Ma «naturalmente» su tutto questo si tace (e per stare sicuri si piazza una banchiera alla presidenza della Rai). Del resto è noto che la verità è la prima vittima di una guerra, e questa è una guerra. L'attuale presidente del Consiglio ama rivolgere al popolo messaggi churchilliani e ciclicamente parla di guerra. La crisi è una guerra. L'Italia ha intrapreso «un durissimo percorso di guerra». E il governo, bontà sua, avrebbe in animo di combattere una guerra spietata contro gli evasori. Peccato che la guerra vera la stiano conducendo lui e il suo governo contro chi in questo paese non è in condizione di difendersi e perde reddito e lavoro. Come ha detto qualche mese fa Paul Krugman, quella in atto è una «guerra sociale scatenata dai super-ricchi che pretendono di essere esentati dal contratto sociale».

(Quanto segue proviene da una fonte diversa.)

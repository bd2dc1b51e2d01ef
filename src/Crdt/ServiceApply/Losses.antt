-- ===== src/Crdt/ServiceApply/Losses.antt =====
-- What the tracking of lost names (crdt/service_apply.rs) leaves of a loss.
use lightning_mesh.Prelude.{
  Option, none, some, ◌≡◌, ◌≢◌, ◌⊎◌, inl, inr, refl, arith, sym, ◌∙◌, Bool-cases,
}
use lightning_mesh.Order.{Text, ◌==◌, text_ord, eq_of_==, ==_of_eq, text_cmp-IsTotalOrder}
use lightning_mesh.Book.{get, get-insert}
use lightning_mesh.Crdt.Entries.{
  ServiceEntryV2, ServiceBookV2, ServiceTombstoneBook, LostName, LostNameMap,
}
use lightning_mesh.Crdt.Merge.{
  inserted, updated, unchanged, conflict, ok, merge_service_v2, merge_unreserved,
  resolve_service_conflict_v2,
}
use lightning_mesh.Crdt.ServiceApply.{
  PublishOutcome, merged, revived, rejected_by_tombstone, apply_service_publish_v2,
  track_conflict_loss,
}

-- The name is recorded as lost, and to another node.
abbrev pub IsLost : LostNameMap → Text → Text → Type 0
IsLost lost self_id name = (l : LostName) × (get lost name ≡ some l) × (l.winner_node_id ≢ self_id)

-- The two sides of a conflict are of different owners.
merge_unreserved_apart :
    (local : Option ServiceEntryV2) (incoming winner loser : ServiceEntryV2)
    → merge_unreserved local incoming ≡ conflict winner loser
    → winner.owner_node_id ≢ loser.owner_node_id
unfolding merge_unreserved resolve_service_conflict_v2
merge_unreserved_apart none incoming winner loser h same = cc
merge_unreserved_apart (some x) incoming winner loser h same = ground (
  arith,
  text_cmp-IsTotalOrder.same_of_eq x.owner_node_id incoming.owner_node_id,
  text_cmp-IsTotalOrder.cmp_self x.owner_node_id,
)

publish_apart :
    (book book' : ServiceBookV2) (tombstones : ServiceTombstoneBook) (name : Text)
    (incoming winner loser : ServiceEntryV2)
    → apply_service_publish_v2 book tombstones name incoming
      ≡ ok (book', merged (conflict winner loser))
    → winner.owner_node_id ≢ loser.owner_node_id
unfolding apply_service_publish_v2 merge_service_v2
publish_apart book book' tombstones name incoming winner loser h =
    ground (arith, merge_unreserved_apart (get book name) incoming winner loser)

Outcome-cases :
    (self_id : Text) (lost : LostNameMap) (name : Text) (outcome : PublishOutcome)
    → (track_conflict_loss lost self_id name outcome ≡ lost)
      ⊎ ((winner : ServiceEntryV2) × (loser : ServiceEntryV2) × (outcome
            ≡ merged (conflict winner loser))
          × (loser.owner_node_id ≡ self_id))
unfolding track_conflict_loss
Outcome-cases self_id lost name (merged (conflict winner loser)) =
    elim (Bool-cases (loser.owner_node_id == self_id)) [
      | inl e ↦ inr (winner, loser, refl, eq_of_== loser.owner_node_id self_id e)
      | inr e ↦ inl (ground arith)
    ]
Outcome-cases self_id lost name (merged inserted) = inl refl
Outcome-cases self_id lost name (merged updated) = inl refl
Outcome-cases self_id lost name (merged unchanged) = inl refl
Outcome-cases self_id lost name revived = inl refl
Outcome-cases self_id lost name rejected_by_tombstone = inl refl

-- What the tracking of a publish under some name leaves of a loss.
pub track-IsLost :
    (book book' : ServiceBookV2) (tombstones : ServiceTombstoneBook) (lost : LostNameMap)
    (self_id name q : Text) (incoming : ServiceEntryV2) (outcome : PublishOutcome)
    → apply_service_publish_v2 book tombstones name incoming ≡ ok (book', outcome)
    → IsLost lost self_id q
    → IsLost (track_conflict_loss lost self_id name outcome) self_id q
track-IsLost book book' tombstones lost self_id name q incoming outcome p (l, held, ne) =
    elim (Outcome-cases self_id lost name outcome) [
      | inl same ↦ (l, rw same held, ne)
      | inr (winner, loser, is_conflict, own) ↦
          let apart : winner.owner_node_id ≢ self_id = (λ e.
            publish_apart book book' tombstones name incoming winner loser (rw is_conflict at p)
              (e ∙ sym own)) in
          let entry : LostName = record {
            winner_node_id = winner.owner_node_id;
            hlc = winner.first_claimed_at;
          } in
          elim (Bool-cases (name == q)) [
            | inl e ↦ (
              entry,
              unfold track_conflict_loss in
                  ground (
                    arith,
                    get-insert lost name q entry,
                    is_conflict,
                    own,
                    ==_of_eq loser.owner_node_id self_id own,
                  ),
              apart,
            )
            | inr e ↦ (
              l,
              unfold track_conflict_loss in
                  ground (
                    arith,
                    get-insert lost name q entry,
                    is_conflict,
                    own,
                    ==_of_eq loser.owner_node_id self_id own,
                  ),
              ne,
            )
          ]
    ]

Qualunque cosa sia questo presunto contratto, l'idea è fondata. La guerra sociale si traduce in milioni di disoccupati e di nuovi poveri, un esercito che si moltiplica per garantire benefici all'oligarchia autoctona e globale. E non varrà liberarsi di Monti (ammesso che ci si riesca), data la natura strutturale degli interventi, a cominciare dal fiscal compact. La responsabilità di chi lo ha imposto (Napolitano) e lo sostiene (il Pd) è enorme, anche perché scientemente assunta. In un'interessante intervista rilasciata da Massimo D'Alema al Corriere della sera il I luglio scorso Monti è definito «una personalità liberale capace di mitigare positivamente le resistenze stataliste che ci sono ancora tra i socialisti». È per questa sua virtù che il Pd lo sostiene? Lo Stato è buono se paga i soliti noti, e cattivo se tenta di imporre un minimo di giustizia sociale?

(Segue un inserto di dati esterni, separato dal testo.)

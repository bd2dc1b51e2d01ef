-- ===== src/Crdt/ServiceApply/Owners.antt =====
-- Convergence of the owner-bound services, and where the order of messages decides.
use lightning_mesh.Prelude.{
  Ordering, true, false, none, some, ◌≡◌, ◌↔◌, inl, inr, refl, sym, ◌∙◌, arith, gt, List, [], ◌∷◌,
  In,
}
use lightning_mesh.Order.{Text, text_cmp, text_cmp-IsTotalOrder, text_ord, and_then}
use lightning_mesh.Book.{get, insert, get-insert_self, get-remove}
use lightning_mesh.Crdt.Hlc.{Hlc, hlc_cmp, hlc_cmp-IsTotalOrder}
use lightning_mesh.Crdt.Entries.{
  ServiceEntryV2, ServiceBookV2, ServiceTombstone, ServiceTombstoneBook,
}
use lightning_mesh.Crdt.Merge.{
  ok, reserved_service_name, is_reserved_service_name, merge_service_v2,
}
use lightning_mesh.Crdt.Register.{
  IsRanking, IsRanking-by, IsRanking-flip, IsRanking-then, keep, settle, AreDistinct, In-keep,
  settle_converges,
}
use lightning_mesh.Crdt.ServiceApply.{revived, apply_service_publish_v2, apply_service_unpublish_v2}

-- The order by which services compete for a name: the earlier first claim, then the lower owner,
-- then the newer refresh.
abbrev pub seniority : ServiceEntryV2 → ServiceEntryV2 → Ordering
seniority a b =
    and_then (hlc_cmp b.first_claimed_at a.first_claimed_at)
      (and_then (text_cmp b.owner_node_id a.owner_node_id) (hlc_cmp a.updated_at b.updated_at))

seniority-IsRanking : IsRanking seniority
seniority-IsRanking =
    IsRanking-then (IsRanking-flip (IsRanking-by (λ e. e.first_claimed_at) hlc_cmp-IsTotalOrder)) (
      IsRanking-then (IsRanking-flip (IsRanking-by (λ e. e.owner_node_id) text_cmp-IsTotalOrder))
        (IsRanking-by (λ e. e.updated_at) hlc_cmp-IsTotalOrder))

-- What the dispatch loop keeps of a received publish: on an error the book stays.
abbrev pub receive_publish :
    ServiceTombstoneBook → Text → ServiceBookV2 → ServiceEntryV2 → ServiceBookV2
receive_publish tombstones name book incoming =
    elim (apply_service_publish_v2 book tombstones name incoming) [
      | ok (book', _) ↦ book'
      | reserved_service_name _ ↦ book
    ]

unfoldable pub receive_all :
    ServiceTombstoneBook → Text → ServiceBookV2 → List ServiceEntryV2 → ServiceBookV2
receive_all tombstones name book [] = book
receive_all tombstones name book (e ∷ es) =
    receive_all tombstones name (receive_publish tombstones name book e) es

-- An owner never changes the stamp of its first claim.
abbrev pub HaveFixedClaims : List ServiceEntryV2 → Type 0
HaveFixedClaims es =
    (a b : ServiceEntryV2)
    → In a es
    → In b es
    → a.owner_node_id ≡ b.owner_node_id
    → a.first_claimed_at ≡ b.first_claimed_at

module _ (tombstones : ServiceTombstoneBook) (name : Text)
    (free : is_reserved_service_name name ≡ false) (unburied : get tombstones name ≡ none) where
  get-receive_vacant :
      (book : ServiceBookV2) (e : ServiceEntryV2)
      → get book name ≡ none
      → get (receive_publish tombstones name book e) name ≡ some e
  unfolding apply_service_publish_v2 merge_service_v2
  get-receive_vacant book e vacant = ground (arith, get-insert_self book name e)

  get-receive_held :
      (book : ServiceBookV2) (old e : ServiceEntryV2)
      → get book name ≡ some old
      → (old.owner_node_id ≡ e.owner_node_id → old.first_claimed_at ≡ e.first_claimed_at)
      → get (receive_publish tombstones name book e) name ≡ some (keep seniority old e)
  unfolding apply_service_publish_v2 merge_service_v2
  get-receive_held book old e held fixed = ground (
    arith,
    get-insert_self book name e,
    get-insert_self book name old,
    text_cmp-IsTotalOrder.same_of_eq old.owner_node_id e.owner_node_id,
    text_cmp-IsTotalOrder.cmp_self old.owner_node_id,
    text_cmp-IsTotalOrder.cmp_self e.owner_node_id,
    text_cmp-IsTotalOrder.below_of_gt old.owner_node_id e.owner_node_id,
    text_cmp-IsTotalOrder.above_of_lt old.owner_node_id e.owner_node_id,
    hlc_cmp-IsTotalOrder.cmp_self e.first_claimed_at,
    hlc_cmp-IsTotalOrder.same_of_eq old.first_claimed_at e.first_claimed_at,
  )

  HaveFixedClaims-keep :
      (old e : ServiceEntryV2) (es : List ServiceEntryV2)
      → HaveFixedClaims (old ∷ e ∷ es)
      → HaveFixedClaims (keep seniority old e ∷ es)
  HaveFixedClaims-keep old e es fixed a b ia ib =
      fixed a b (In-keep seniority-IsRanking old e a es ia)
        (In-keep seniority-IsRanking old e b es ib)

  get-receive_all :
      (es : List ServiceEntryV2) (book : ServiceBookV2) (old : ServiceEntryV2)
      → get book name ≡ some old
      → HaveFixedClaims (old ∷ es)
      → get (receive_all tombstones name book es) name ≡ settle seniority (some old) es
  unfolding receive_all settle
  get-receive_all [] book old held fixed = held
  get-receive_all (e ∷ es) book old held fixed =
      get-receive_all es (receive_publish tombstones name book e) (keep seniority old e)
        (get-receive_held book old e held (fixed old e (inl refl) (inr (inl refl))))
        (HaveFixedClaims-keep old e es fixed)

  get-receive_from_vacant :
      (es : List ServiceEntryV2) (book : ServiceBookV2)
      → get book name ≡ none
      → HaveFixedClaims es
      → get (receive_all tombstones name book es) name ≡ settle seniority none es
  unfolding receive_all settle
  get-receive_from_vacant [] book vacant fixed = vacant
  get-receive_from_vacant (e ∷ es) book vacant fixed =
      get-receive_all es (receive_publish tombstones name book e) e
        (get-receive_vacant book e vacant) fixed

-- Two nodes at which a name is vacant and carries no tombstone receive the same publishes of it,
-- each in its own order and as often as it happens. If no owner ever changes its first claim, and
-- an owner's entries with the same refresh stamp are the same entry, both end with the same entry
-- under the name.
pub receive_all_converges :
    (graves graves' : ServiceTombstoneBook) (name : Text) (book book' : ServiceBookV2)
    (es es' : List ServiceEntryV2)
    → is_reserved_service_name name ≡ false
    → get graves name ≡ none
    → get graves' name ≡ none
    → get book name ≡ none
    → get book' name ≡ none
    → HaveFixedClaims es
    → ((a b : ServiceEntryV2)
        → In a es
        → In b es
        → a.owner_node_id ≡ b.owner_node_id
        → a.updated_at ≡ b.updated_at
        → a ≡ b)
    → ((e : ServiceEntryV2) → In e es ↔ In e es')
    → get (receive_all graves name book es) name ≡ get (receive_all graves' name book' es') name
receive_all_converges graves graves' name book book' es es' free un un' vac vac' fixed distinct
      same =
    get-receive_from_vacant graves name free un es book vac fixed
    ∙ settle_converges seniority-IsRanking es es' apart same
    ∙ sym (
        get-receive_from_vacant graves' name free un' es' book' vac'
          (λ a b ia ib. fixed a b ((same a).1 ia) ((same b).1 ib)))
  where
    apart : AreDistinct seniority es
    apart a b ia ib e =
        distinct a b ia ib
          (ground (
            arith,
            text_cmp-IsTotalOrder.same_of_eq b.owner_node_id a.owner_node_id,
            hlc_cmp-IsTotalOrder.same_of_eq b.first_claimed_at a.first_claimed_at,
          ))
          (hlc_cmp-IsTotalOrder.same_of_eq a.updated_at b.updated_at (ground arith))

-- A reserved name can be served: where it is vacant and carries no tombstone, an unpublish of it
-- leaves a tombstone, and a publish by the same node with a newer stamp is then taken for a revival
-- and puts the entry under the reserved name.
pub reserved_name_revived :
    (book : ServiceBookV2) (tombstones : ServiceTombstoneBook) (name : Text) (at : Hlc)
    (incoming : ServiceEntryV2)
    → is_reserved_service_name name ≡ true
    → get book name ≡ none
    → get tombstones name ≡ none
    → hlc_cmp incoming.updated_at at ≡ gt
    → let (book', tombstones', _) =
        apply_service_unpublish_v2 book tombstones name incoming.owner_node_id at in
      (apply_service_publish_v2 book' tombstones' name incoming
        ≡ ok (insert book name incoming, revived))
      × (get (insert book name incoming) name ≡ some incoming)
      × (apply_service_publish_v2 book tombstones name incoming ≡ reserved_service_name name)
unfolding apply_service_publish_v2 apply_service_unpublish_v2 merge_service_v2
reserved_name_revived book tombstones name at incoming taken vacant unburied newer =
    let grave : ServiceTombstone = record { owner_node_id = incoming.owner_node_id; hlc = at } in
    (
      ground (
        arith,
        text_cmp-IsTotalOrder.cmp_self incoming.owner_node_id,
        get-insert_self tombstones name grave,
      ),
      get-insert_self book name incoming,
      ground arith,
    )

-- An unpublish that is older than the publish of the same owner still takes the service down where
-- it arrives second, while the publish brings the service back where the unpublish arrives first:
-- two nodes that receive the two messages in different orders disagree.
pub stale_unpublish_disagrees :
    (name : Text) (at : Hlc) (e : ServiceEntryV2)
    → is_reserved_service_name name ≡ false
    → hlc_cmp e.updated_at at ≡ gt
    → let first = receive_publish [] name [] e in
      let (_, grave, _) = apply_service_unpublish_v2 [] [] name e.owner_node_id at in
      (get (apply_service_unpublish_v2 first [] name e.owner_node_id at).0 name ≡ none)
      × (get (receive_publish grave name [] e) name ≡ some e)
unfolding apply_service_publish_v2 apply_service_unpublish_v2 merge_service_v2 get
stale_unpublish_disagrees name at e free newer =
    let grave : ServiceTombstone = record { owner_node_id = e.owner_node_id; hlc = at } in
    let book : ServiceBookV2 = [] in
    let graves : ServiceTombstoneBook = [] in
    (
      ground (
        arith,
        text_cmp-IsTotalOrder.cmp_self e.owner_node_id,
        text_cmp-IsTotalOrder.cmp_self name,
        get-insert_self book name e,
        get-remove (insert book name e) name name,
      ),
      ground (
        arith,
        text_cmp-IsTotalOrder.cmp_self e.owner_node_id,
        get-insert_self graves name grave,
        get-insert_self book name e,
      ),
    )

«Guerra», si badi, non è una metafora. In passato si combatteva a suon di bombe per colonizzare altri paesi. Oggi per commissariarli bastano troike e agenzie di rating. E governi zelanti. Solo che si tratta di una guerra di nuovo tipo, senza visibile spargimento di sangue. Si tratta della prima guerra capitalista in senso proprio, se è vero che il capitale aspira a comandare ricorrendo alla pura coazione economica. Il suo sogno è governare per mezzo del solo mercato. Il resto è arcaico. Buono per le «razze inferiori». Che infatti continuano a crepare sotto le bombe, come in Africa, in Medio oriente o in Asia centrale. O sotto le raffiche della polizia, come è capitato agli schiavi della miniera inglese di Marikana.

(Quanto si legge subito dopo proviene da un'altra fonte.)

-- ===== src/Daemon.antt =====
-- The daemon (bin/mjolnir-meshd.rs): how a received message changes the books of a node.
pub mod Apply
pub mod Claims
pub mod Dispatch
pub mod Control
pub mod Overlay
pub mod Spool
pub mod Sweep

Ma perché è finalmente possibile questa nuova guerra, veramente fredda? Perché esistono finalmente le condizioni sistemiche per combatterla: la possibilità di delocalizzare ovunque le produzioni alla ricerca di condizioni più favorevoli per il capitale industriale; e la possibilità di spostare in tempo reale masse gigantesche di capitale finanziario, decidendo dei tassi d'interesse e di rendimento su tutti i mercati. Oggi il pianeta è unificato sotto il dominio del capitale. Questo non significa che non sussistano, al tempo stesso, fattori di crisi strutturale. La guerra contro i corpi sociali consegue alla caduta del saggio di profitto e a sua volta la riproduce, radicalizzandola. Ma finché la sovranità sarà esercitata dal capitale, ci troveremo a vivere in quest'incubo.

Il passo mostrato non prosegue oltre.